Sel’skokhozyaistvennaya Biologiya [Agricultural Biology], 2013, № 1, p. 74-77.

UDC 633.11:632.937.14:577.21

JUVENILE AND AGE-SPECIFIC Lr-GENES OF RESISTANCE TO Puccinia tritidm Eriks. IN Triticum aestivum L.: REALITY OR CONDITIONALITY

L.G. Tyryshkin, V.G. Zakharov, V.V. Syukov

N.I. Vavilov Research Institute of Plant Industry, RAAS, St. Petersburg 190000, Russia e-mail: tyryshkinlev@rambler.ru

Received April 9, 2012 S u m m a r y

In accordance with current conception the genes of resistance of soft wheat to leaf rust divided into genes of juvenile and age resistance. The authors studied the virulence of monopustular isolates of disease agent to juvenile and adult plants of isogenic lines of the Thatcher variety and wheat varieties with different Lr genes of resistance. It was shown, that Lr12, Lr13, Lr34, Lr35, Lr46, Lr48 and Lr49 genes, relating to genes of age resistance, determine the resistance to some agent’ s isolates also in juvenile plants.

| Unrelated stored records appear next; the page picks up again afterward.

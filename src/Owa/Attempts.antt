-- ===== src/Owa/Attempts.antt =====
-- How often the OWA transport logs in and sends: the retries end, and they are used.
use outlook_agent.Prelude.{
  Bool, Bool-cases, Option, Result, String, [], arith, err, false, inl, inr, length, length-append,
  ltb, none, ok, refl, some, subst, suc, sym, true, zero, ℕ, ◌*◌, ◌++◌, ◌+◌, ◌∷◌, ◌≡◌, ◌≤◌,
}
use outlook_agent.Server.{ActionResponse}
use outlook_agent.Owa.{CachedSession, Host, LoginError, Reply, State}
use outlook_agent.Owa.Session.{
  back_off_step, invalidate_session, keep_session, log_in_once, logged_in, login, login_with_retry,
  resumed, tried, with_secret,
}
use outlook_agent.Owa.Service.{again, execute, execute_once, sent_with}

module _ (h : Host) where
  -- from `s` to `t`, at most so many logins, and nothing sent
  abbrev LogsIn : ℕ → State h → State h → Type 0
  LogsIn n s t = (t.logins ≤ s.logins + n) × (t.sent ≡ s.sent)

  resumed-LogsIn :
      (n : ℕ) (e : LoginError) (s : State h) (b : Bool) (w : Option String × h.World)
      (next : State h → Result String h.Session × State h)
      → ((t : State h) → LogsIn n t (next t).1)
      → LogsIn n s (resumed h e s b w next).1
  resumed-LogsIn n e s false w next keeps = (omega arith, refl)
  resumed-LogsIn n e s true (some message, world) next keeps = (omega arith, refl)
  resumed-LogsIn n e s true (none, world) next keeps = keeps (record s { world = world })

  tried-LogsIn :
      (attempt more : ℕ) (password : h.Password) (p : Result LoginError h.Session × State h)
      → LogsIn more p.1 (tried h attempt more password p).1
  unfolding tried
  tried-LogsIn attempt more password (ok session, s) = (omega arith, refl)
  tried-LogsIn attempt zero password (err e, s) = (omega arith, refl)
  tried-LogsIn attempt (suc more) password (err e, s) =
      resumed-LogsIn (suc more) e s e.transient (h.back_off (suc attempt * back_off_step) s.world)
        (λ t. tried h (suc attempt) more password (log_in_once h password t))
        (λ t.
          let r = tried-LogsIn (suc attempt) more password (log_in_once h password t) in
          (omega (arith, r.0), r.1))

  login_with_retry-LogsIn :
      (password : h.Password) (s : State h)
      → LogsIn (suc h.login_retries) s (login_with_retry h password s).1
  unfolding login_with_retry
  login_with_retry-LogsIn password s =
      let r = tried-LogsIn 0 h.login_retries password (log_in_once h password s) in
      (omega (arith, r.0), r.1)

  keep_session-LogsIn :
      (n now : ℕ) (s : State h) (p : Result String h.Session × State h)
      → LogsIn n s p.1
      → LogsIn n s (keep_session h now p).1
  keep_session-LogsIn n now s (ok session, t) k = k
  keep_session-LogsIn n now s (err message, t) k = k

  with_secret-LogsIn :
      (now : ℕ) (s : State h) (p : Result String h.Password × h.World)
      → LogsIn (suc h.login_retries) s (with_secret h now s p).1
  with_secret-LogsIn now s (err message, world) = (omega arith, refl)
  with_secret-LogsIn now s (ok password, world) =
      let t = record s { world = world } in
      keep_session-LogsIn (suc h.login_retries) now s (login_with_retry h password t)
        (login_with_retry-LogsIn password t)

  logged_in-LogsIn :
      (now : ℕ) (s : State h) (o : Option (CachedSession h))
      → LogsIn (suc h.login_retries) s (logged_in h now s o).1
  logged_in-LogsIn now s none = with_secret-LogsIn now s (h.get_secret s.world)
  logged_in-LogsIn now s (some c) = elim (Bool-cases (ltb now c.expires_at)) [
    | inl e ↦ rw e (omega arith, refl)
    | inr e ↦ rw e (with_secret-LogsIn now s (h.get_secret s.world))
  ]

  login-LogsIn : (s : State h) → LogsIn (suc h.login_retries) s (login h s).1
  unfolding login
  login-LogsIn s =
      let ran = h.now s.world in logged_in-LogsIn ran.0 (record s { world = ran.1 }) s.session

  -- from `s` to `t`, at most so many logins and so many requests
  abbrev pub Within : ℕ → ℕ → State h → State h → Type 0
  Within n m s t = (t.logins ≤ s.logins + n) × (length t.sent ≤ length s.sent + m)

  module _ (answer : Reply → ActionResponse × Bool) where
    sent_with-Within :
        (n : ℕ) (s : State h) (p : Result String h.Session × State h)
        → LogsIn n s p.1
        → Within n 1 s (sent_with h answer p).1
    sent_with-Within n s (err message, t) k =
        (k.0, subst (λ xs. length xs ≤ length s.sent + 1) (sym k.1) (omega arith))
    sent_with-Within n s (ok session, t) k = (
      k.0,
      subst (λ xs. length (xs ++ session ∷ []) ≤ length s.sent + 1) (sym k.1)
          (omega (arith, length-append s.sent (session ∷ []))),
    )

    execute_once-Within :
        (s : State h) → Within (suc h.login_retries) 1 s (execute_once h answer s).1
    unfolding execute_once
    execute_once-Within s = sent_with-Within (suc h.login_retries) s (login h s) (login-LogsIn s)

    again-Within :
        (n : ℕ) (s : State h) (p : (ActionResponse × Bool) × State h)
        → Within n 1 s p.1
        → Within (n + suc h.login_retries) 2 s (again h answer p).1
    unfolding invalidate_session
    again-Within n s ((response, false), t) k = (omega (arith, k.0), omega (arith, k.1))
    again-Within n s ((response, true), t) k =
        let e = execute_once-Within (invalidate_session h t) in
        (omega (arith, k.0, e.0), omega (arith, k.1, e.1))

    -- Whatever the host answers, an action of the OWA service ends after at most two requests, and
    -- after at most as many logins as two rounds of one attempt and its retries.
    pub execute-Within :
        (s : State h)
        → Within (suc h.login_retries + suc h.login_retries) 2 s (execute h answer s).1
    unfolding execute
    execute-Within s =
        again-Within (suc h.login_retries) s (execute_once h answer s) (execute_once-Within s)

The Lr1, Lr10, Lr14а, Lr15, Lr20, Lr23, Lr26, Lr34, Lr36, Lr37 genes, which in set articles were related to genes of juvenile resistance, against individual pathogen isolates manifest properties of juvenile resistance genes, and the beginning of their expression in different leaf level depends on pathogen isolate.

Keywords: wheat, leaf rust, juvenile resistance, adult resistance, genes for resistance.

Leaf rust resistance genes Lr are a group of oligogenes that provide resistance of wheat (Triticum aestivum L.) to lear rust Puccinia triticina Erikss. [syn.: P. recondita Roberge: Desm. f. sp. tritici (Erikss.) C.O. Johnston]. There are two groups of leaf rust resistance genes are classified in the literature: juvenile-seedling Lr genes are expressed in young plants starting from the 1st leaf, and they provide resistance of plants to individual (or all) clones of leaf rust during a whole ontogenesis; adult-plant Lr genes are not expressed in juvenile plants, but they determine resistance to individual (or all) rust genotypes at later ontogeny stages (pre-flag and flag leaf, etc.) (1). Catalogs of R.A. McIntosh et al. (2-6) describe 67 identified Lr genes including 59 genes for juvenile resistance and 8 genes for adult resistance (Lr12, Lr13, Lr22a, Lr22b, Lr35, Lr46, Lr48, Lr49). Along with it, genes Lr34, Lr27+31, Lr37 (1), and Lr10 (7) are known to provide age-specific resistance to leaf rust.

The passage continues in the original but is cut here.